When creating a part for injection molding, an important step is to consider where you will put the “parting line” in the design of the mold. The parting line indicates the direction of the line of draw for the mold, or the point where you can separate the two halves of the mold to release the part without damage. Usually, the parting line is down the middle of the part, but this varies due to part geometry. The parting line determines the direction to draft features for easy removal from the mold.
The final goal of mold design is to make a mold as simple as you can. Sometimes, however, to accommodate part features, the mold will need extra elements included to ensure the part can be removed without damage. These extra elements include cam actions and lifters, in addition to the cooling elements needed to control temperature as the molten material solidifies. Of course, all of these mold elements and features add to the cost of developing a mold.

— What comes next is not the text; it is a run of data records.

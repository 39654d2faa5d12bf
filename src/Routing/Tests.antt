-- ===== src/Routing/Tests.antt =====
-- Runs of the router, and its theorems at concrete registries and rules.
use netweave.Common.{
  String, ◌≡◌, refl, ◌⊎◌, inl, true, false, none, some, List, [], ◌∷◌, map, Among, All, lookup,
  insert, ok, err, pos, starts,
}
use netweave.DmsRegistry.{Adapter, PluginMetadata, DmsRegistry, get_metadata}
use netweave.Routing.{
  LocationCondition, Rule, Context, Router, no_adapters, matches_location,
  collect_matching_adapters, route_multiple, collect, is_empty, matches_rule, matches_resource_type,
  matches_conditions, matches_labels, has_capabilities, is_adapter_valid, get_adapter_capabilities,
  add_default_adapter, Moments, still,
}
use netweave.Routing.Rules.{Rearranges}
use netweave.Routing.Config.{
  RuleConfig, Config, new_router, load_rules_from_config, validate_routing_config, validate_rules,
  validate_rule_config,
}
use netweave.Routing.Insertion.{insertion}
use netweave.Routing.Selection.{Wanted, Distinct, collect_matching_adapters_exact}
use netweave.Routing.Fallback.{IsRouted, IsFallback, route_multiple_sound}
use netweave.Routing.Order.{adds, removes, run, InOrder, run-InOrder}
use netweave.Routing.Loading.{IsUsable, validate_routing_config-new_router}

abbrev helm : Adapter
helm = record { handle = 1; version = "3"; capabilities = "rollback" ∷ [] }

abbrev helm_meta : PluginMetadata
helm_meta = record {
  name = "helm";
  plugin_type = "helm";
  version = "3";
  enabled = true;
  default = true;
  capabilities = "rollback" ∷ [];
  registered_at = 5;
  last_health_check = 5;
  healthy = true;
  health_error = none;
  config = [];
}

abbrev one_adapter : DmsRegistry
one_adapter = record {
  plugins = ("helm", helm) ∷ [];
  meta = ("helm", helm_meta) ∷ [];
  default_plugin = "helm";
}

abbrev no_adapter : DmsRegistry
no_adapter = record { plugins = []; meta = []; default_plugin = "" }

abbrev berlin : LocationCondition
berlin = record { starting = "eu-"; ending = ""; containing = ""; exact = "" }

abbrev in_europe : Rule
in_europe = record {
  name = "europe";
  priority = pos 70;
  adapter_name = "helm";
  resource_type = "*";
  conditions = some (record {
    labels = [];
    location = some berlin;
    capabilities = "rollback" ∷ [];
    extensions = [];
  });
  enabled = true;
}

abbrev anywhere : Rule
anywhere = record in_europe { name = "any"; priority = pos 50; conditions = none }

abbrev two_rules : Router
two_rules = record {
  rules = in_europe ∷ anywhere ∷ [];
  fallback_enabled = true;
  aggregate_mode = false;
}

abbrev request : Context
request = record {
  resource_type = "deployment";
  labels = [];
  location = "eu-berlin";
  required_capabilities = "rollback" ∷ [];
}

abbrev strange : Context
strange = record request { required_capabilities = "scaling" ∷ [] }

collect_matching_adapters_exact_example :
    (names : List String) × (collect_matching_adapters (still one_adapter) two_rules request
      ≡ map (λ n. lookup n one_adapter.plugins) names)
    × Distinct names
    × ((n : String) → Among n names → Wanted one_adapter request two_rules.rules n)
    × ((n : String) → Wanted one_adapter request two_rules.rules n → Among n names)
collect_matching_adapters_exact_example =
    collect_matching_adapters_exact one_adapter two_rules request

route_run : route_multiple (still one_adapter) two_rules request ≡ ok (some helm ∷ [])
unfolding route_multiple collect_matching_adapters collect lookup get_metadata insert is_empty
    matches_rule matches_resource_type matches_conditions matches_labels matches_location starts
    has_capabilities is_adapter_valid get_adapter_capabilities
route_run = refl

-- The adapter is unregistered between the check and the fetch.
abbrev unregistered : Moments
unregistered = record (still one_adapter) { at_fetch = λ i. no_adapter }

nil_run : route_multiple unregistered two_rules request ≡ ok (none ∷ [])
unfolding route_multiple collect_matching_adapters collect lookup get_metadata insert is_empty
    matches_rule matches_resource_type matches_conditions matches_labels matches_location starts
    has_capabilities is_adapter_valid get_adapter_capabilities
nil_run = refl

route_multiple_sound_example :
    IsRouted unregistered 0 request two_rules.rules none
    ⊎ IsFallback unregistered request two_rules none
route_multiple_sound_example =
    route_multiple_sound unregistered two_rules request (none ∷ []) none nil_run (inl refl)

route_failure : route_multiple (still no_adapter) two_rules request ≡ err no_adapters
unfolding route_multiple collect_matching_adapters collect lookup get_metadata insert is_empty
    matches_rule matches_resource_type matches_conditions matches_labels matches_location starts
    has_capabilities is_adapter_valid get_adapter_capabilities add_default_adapter
route_failure = refl

abbrev europe_config : RuleConfig
europe_config = record {
  name = "europe";
  priority = pos 0;
  plugin = "helm";
  resource_type = "";
  enabled = true;
  conditions = record { labels = []; location = berlin; capabilities = []; extensions = [] };
}

abbrev one_rule : Config
one_rule = record {
  default = "helm";
  fallback_enabled = true;
  aggregate_mode = false;
  rules = europe_config ∷ [];
}

run-InOrder_example : InOrder (
    run insertion
      (new_router insertion (some one_rule))
      (adds in_europe ∷ removes "europe" ∷ adds anywhere ∷ []))
run-InOrder_example =
    run-InOrder insertion (some one_rule) (adds in_europe ∷ removes "europe" ∷ adds anywhere ∷ [])

one_rule_valid : validate_routing_config (some one_rule) ≡ ok tt
unfolding validate_routing_config validate_rules validate_rule_config
one_rule_valid = refl

validate_routing_config-new_router_example :
    (rules : List Rule) × (load_rules_from_config (some one_rule) ≡ ok rules)
    × All IsUsable rules
    × Rearranges (new_router insertion (some one_rule)).rules rules
validate_routing_config-new_router_example =
    validate_routing_config-new_router insertion one_rule one_rule_valid

two_rules-InOrder : InOrder two_rules
two_rules-InOrder = ((refl, tt), (tt, tt))

collected_run : collect_matching_adapters (still one_adapter) two_rules request ≡ some helm ∷ []
unfolding collect_matching_adapters collect lookup get_metadata insert matches_rule
    matches_resource_type matches_conditions matches_labels matches_location starts has_capabilities
    is_adapter_valid get_adapter_capabilities
collected_run = refl
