-- ===== src/Settings.antt =====
-- internal/config/config.go: the validation of a configuration. What os.Stat says of a path is an
-- argument (`stat`). Fields that the code here does not read are left out, and the messages of errors too.
mod Checks
pub mod Valid
pub mod Accepted
pub mod Secure
pub mod Passwords
pub mod Loading
mod Tests
use netweave.Common.{
  ℕ, String, Bool, true, false, not, ◌&&◌, ◌||◌, Option, none, some, List, [], ◌∷◌, if◌then◌else◌,
  contains, Result, ok, err, ◌>>=◌, ◌>>◌, reject_if, ◌==◌, ℤ, pos, negsuc, ltb_ℤ,
}

pub record ServerConfig : Type 0 where
  pub port : ℤ
  pub gin_mode : String

pub record RedisConfig : Type 0 where
  pub mode : String
  pub addresses : List String
  pub master_name : String
  pub db : ℤ
  pub password : String
  pub password_env_var : String
  pub password_file : String
  pub sentinel_password : String
  pub sentinel_password_env_var : String
  pub sentinel_password_file : String

pub record TlsConfig : Type 0 where
  pub enabled : Bool
  pub cert_file : String
  pub key_file : String
  pub ca_file : String
  pub client_auth : String
  pub min_version : String

pub record LoggingConfig : Type 0 where
  pub level : String
  pub format : String
  pub development : Bool

pub record MetricsConfig : Type 0 where
  pub enabled : Bool
  pub path : String
  pub port : ℤ

-- How a float64 compares to 0.0 and 1.0.
pub data Rate : Type 0 where
  below_zero within above_one not_a_number : Rate

pub record TracingConfig : Type 0 where
  pub enabled : Bool
  pub provider : String
  pub endpoint : String
  pub sampling_rate : Rate

pub record EndpointRateLimitConfig : Type 0 where
  pub path : String
  pub method : String
  pub requests_per_second : ℤ
  pub burst_size : ℤ

pub record SecurityConfig : Type 0 where
  pub enable_cors : Bool
  pub allowed_origins : List String
  pub rate_limit_enabled : Bool
  pub tenant_requests_per_second : ℤ
  pub tenant_burst_size : ℤ
  pub global_requests_per_second : ℤ
  pub global_max_concurrent_requests : ℤ
  pub endpoints : List EndpointRateLimitConfig

pub record Config : Type 0 where
  pub server : ServerConfig
  pub redis : RedisConfig
  pub tls : TlsConfig
  pub logging : LoggingConfig
  pub metrics : MetricsConfig
  pub tracing : TracingConfig
  pub security : SecurityConfig
  pub validate_response : Bool
  pub environment : String

pub data ConfigError : Type 0 where
  invalid_port invalid_gin_mode : ConfigError
  invalid_redis_mode no_addresses no_master_name invalid_db : ConfigError
  no_cert_file no_key_file cert_file_missing key_file_missing : ConfigError
  invalid_client_auth no_ca_file ca_file_missing invalid_min_version : ConfigError
  invalid_level invalid_format : ConfigError
  no_metrics_path invalid_metrics_port : ConfigError
  invalid_provider no_endpoint invalid_sampling_rate : ConfigError
  negative_tenant_rate negative_tenant_burst : ConfigError
  negative_global_rate negative_concurrency : ConfigError
  no_path no_method negative_endpoint_rate negative_endpoint_burst : ConfigError
  no_tls no_mtls no_rate_limit development_logging debug_logging : ConfigError
  response_validation open_cors : ConfigError
  variable_not_set file_not_read : ConfigError
  empty_path invalid_extension traversal not_accessible unresolved_link : ConfigError

abbrev pub Check : Type 0
Check = Result {0, 0} ConfigError Unit

abbrev pub outside : ℕ → ℕ → ℤ → Bool
outside low high n = ltb_ℤ n (pos low) || ltb_ℤ (pos high) n

abbrev pub negative : ℤ → Bool
negative n = ltb_ℤ n (pos 0)

abbrev pub is_empty {ℓ} : {A : Type ℓ} → List A → Bool
is_empty [] = true
is_empty (x ∷ xs) = false

abbrev pub gin_modes : List String
gin_modes = "debug" ∷ "release" ∷ "test" ∷ []

abbrev pub redis_modes : List String
redis_modes = "standalone" ∷ "sentinel" ∷ "cluster" ∷ []

abbrev pub client_auth_modes : List String
client_auth_modes = "none" ∷ "request" ∷ "require" ∷ "verify" ∷ "require-and-verify" ∷ []

abbrev pub tls_versions : List String
tls_versions = "1.2" ∷ "1.3" ∷ []

abbrev pub log_levels : List String
log_levels = "debug" ∷ "info" ∷ "warn" ∷ "error" ∷ "fatal" ∷ []

abbrev pub log_formats : List String
log_formats = "json" ∷ "console" ∷ []

abbrev pub tracing_providers : List String
tracing_providers = "jaeger" ∷ "zipkin" ∷ "otlp" ∷ []

pub validate_server : ServerConfig → Check
validate_server c = do
  reject_if (outside 1 65535 c.port) invalid_port
  reject_if (not (contains gin_modes c.gin_mode)) invalid_gin_mode

pub validate_redis : RedisConfig → Check
validate_redis c = do
  reject_if (not (contains redis_modes c.mode)) invalid_redis_mode
  reject_if (is_empty c.addresses) no_addresses
  reject_if (c.mode == "sentinel" && c.master_name == "") no_master_name
  reject_if (outside 0 15 c.db) invalid_db

abbrev pub when : Bool → Check → Check
when b check = if b then check else ok tt

-- What os.Stat answers, as os.IsNotExist tells it apart: an error of another kind, such as a missing
-- permission, does not count as absence.
pub data Stat : Type 0 where
  present not_exist other_error : Stat

abbrev pub is_not_exist : Stat → Bool
is_not_exist present = false
is_not_exist not_exist = true
is_not_exist other_error = false

module _ (stat : String → Stat) where
  pub validate_tls_files : TlsConfig → Check
  validate_tls_files c = do
    reject_if (c.cert_file == "") no_cert_file
    reject_if (c.key_file == "") no_key_file
    reject_if (is_not_exist (stat c.cert_file)) cert_file_missing
    reject_if (is_not_exist (stat c.key_file)) key_file_missing

  pub validate_tls_client_auth : TlsConfig → Check
  validate_tls_client_auth c = do
    reject_if (not (contains client_auth_modes c.client_auth)) invalid_client_auth
    when (not (c.client_auth == "none")) (do
      reject_if (c.ca_file == "") no_ca_file
      reject_if (is_not_exist (stat c.ca_file)) ca_file_missing)

  pub validate_tls : TlsConfig → Check
  validate_tls c = when c.enabled (do
    validate_tls_files c
    validate_tls_client_auth c
    reject_if (not (contains tls_versions c.min_version)) invalid_min_version)

pub validate_logging : LoggingConfig → Check
validate_logging c = do
  reject_if (not (contains log_levels c.level)) invalid_level
  reject_if (not (contains log_formats c.format)) invalid_format

pub validate_metrics : MetricsConfig → Check
validate_metrics c = when c.enabled (do
  reject_if (c.path == "") no_metrics_path
  reject_if (outside 0 65535 c.port) invalid_metrics_port)

-- rate < 0.0 || rate > 1.0
abbrev pub out_of_unit : Rate → Bool
out_of_unit below_zero = true
out_of_unit within = false
out_of_unit above_one = true
out_of_unit not_a_number = false

pub validate_tracing : TracingConfig → Check
validate_tracing c = when c.enabled (do
  reject_if (not (contains tracing_providers c.provider)) invalid_provider
  reject_if (c.endpoint == "") no_endpoint
  reject_if (out_of_unit c.sampling_rate) invalid_sampling_rate)

pub validate_observability : Config → Check
validate_observability c = do
  validate_logging c.logging
  validate_metrics c.metrics
  validate_tracing c.tracing

pub validate_tenant_rate_limit : SecurityConfig → Check
validate_tenant_rate_limit c = do
  reject_if (negative c.tenant_requests_per_second) negative_tenant_rate
  reject_if (negative c.tenant_burst_size) negative_tenant_burst

pub validate_global_rate_limit : SecurityConfig → Check
validate_global_rate_limit c = do
  reject_if (negative c.global_requests_per_second) negative_global_rate
  reject_if (negative c.global_max_concurrent_requests) negative_concurrency

-- The round for one endpoint.
abbrev pub validate_endpoint : EndpointRateLimitConfig → Check
validate_endpoint e = do
  reject_if (e.path == "") no_path
  reject_if (e.method == "") no_method
  reject_if (negative e.requests_per_second) negative_endpoint_rate
  reject_if (negative e.burst_size) negative_endpoint_burst

pub validate_endpoint_rate_limits : List EndpointRateLimitConfig → Check
validate_endpoint_rate_limits [] = ok tt
validate_endpoint_rate_limits (e ∷ es) = do validate_endpoint e; validate_endpoint_rate_limits es

pub validate_security : SecurityConfig → Check
validate_security c = when c.rate_limit_enabled (do
  validate_tenant_rate_limit c
  validate_global_rate_limit c
  validate_endpoint_rate_limits c.endpoints)

pub validate_production_rules : Config → Check
validate_production_rules c = do
  reject_if (not c.tls.enabled) no_tls
  reject_if (not (c.tls.client_auth == "require-and-verify")) no_mtls
  reject_if (not c.security.rate_limit_enabled) no_rate_limit
  reject_if c.logging.development development_logging
  reject_if (c.logging.level == "debug") debug_logging
  reject_if c.validate_response response_validation
  reject_if (c.security.enable_cors && is_empty c.security.allowed_origins) open_cors

pub validate_staging_rules : Config → Check
validate_staging_rules c = do
  reject_if (not c.tls.enabled) no_tls
  reject_if (not c.security.rate_limit_enabled) no_rate_limit

pub validate_environment_rules : Config → Check
validate_environment_rules c =
    if c.environment == "prod"
    then validate_production_rules c
    else if c.environment == "staging"
    then validate_staging_rules c
    else ok tt

pub validate : (String → Stat) → Config → Check
validate stat c = do
  validate_server c.server
  validate_redis c.redis
  validate_tls stat c.tls
  validate_observability c
  validate_security c.security
  validate_environment_rules c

To select where to put the parting line, decide which side of the mold is the A side and which is the B side. The A side is usually the side where the show surface of the part will be. When opening the mold, the part will stay on the B side and be removed from that part of the mold, either easily due to the design, or with the use of cam actions or ejectors.
Cooling elements for the mold are usually on the B side of the mold. Most materials shrink a bit as they cool in the mold, which can be used to advantage when designing the mold and ensuring the part stays on one side of the mold when opening.
If you know you will be using injection molding to make a design, sometimes a CAD program will suggest optimal placement, or you can always consult with the injection molding provider about the best placement for the parting line.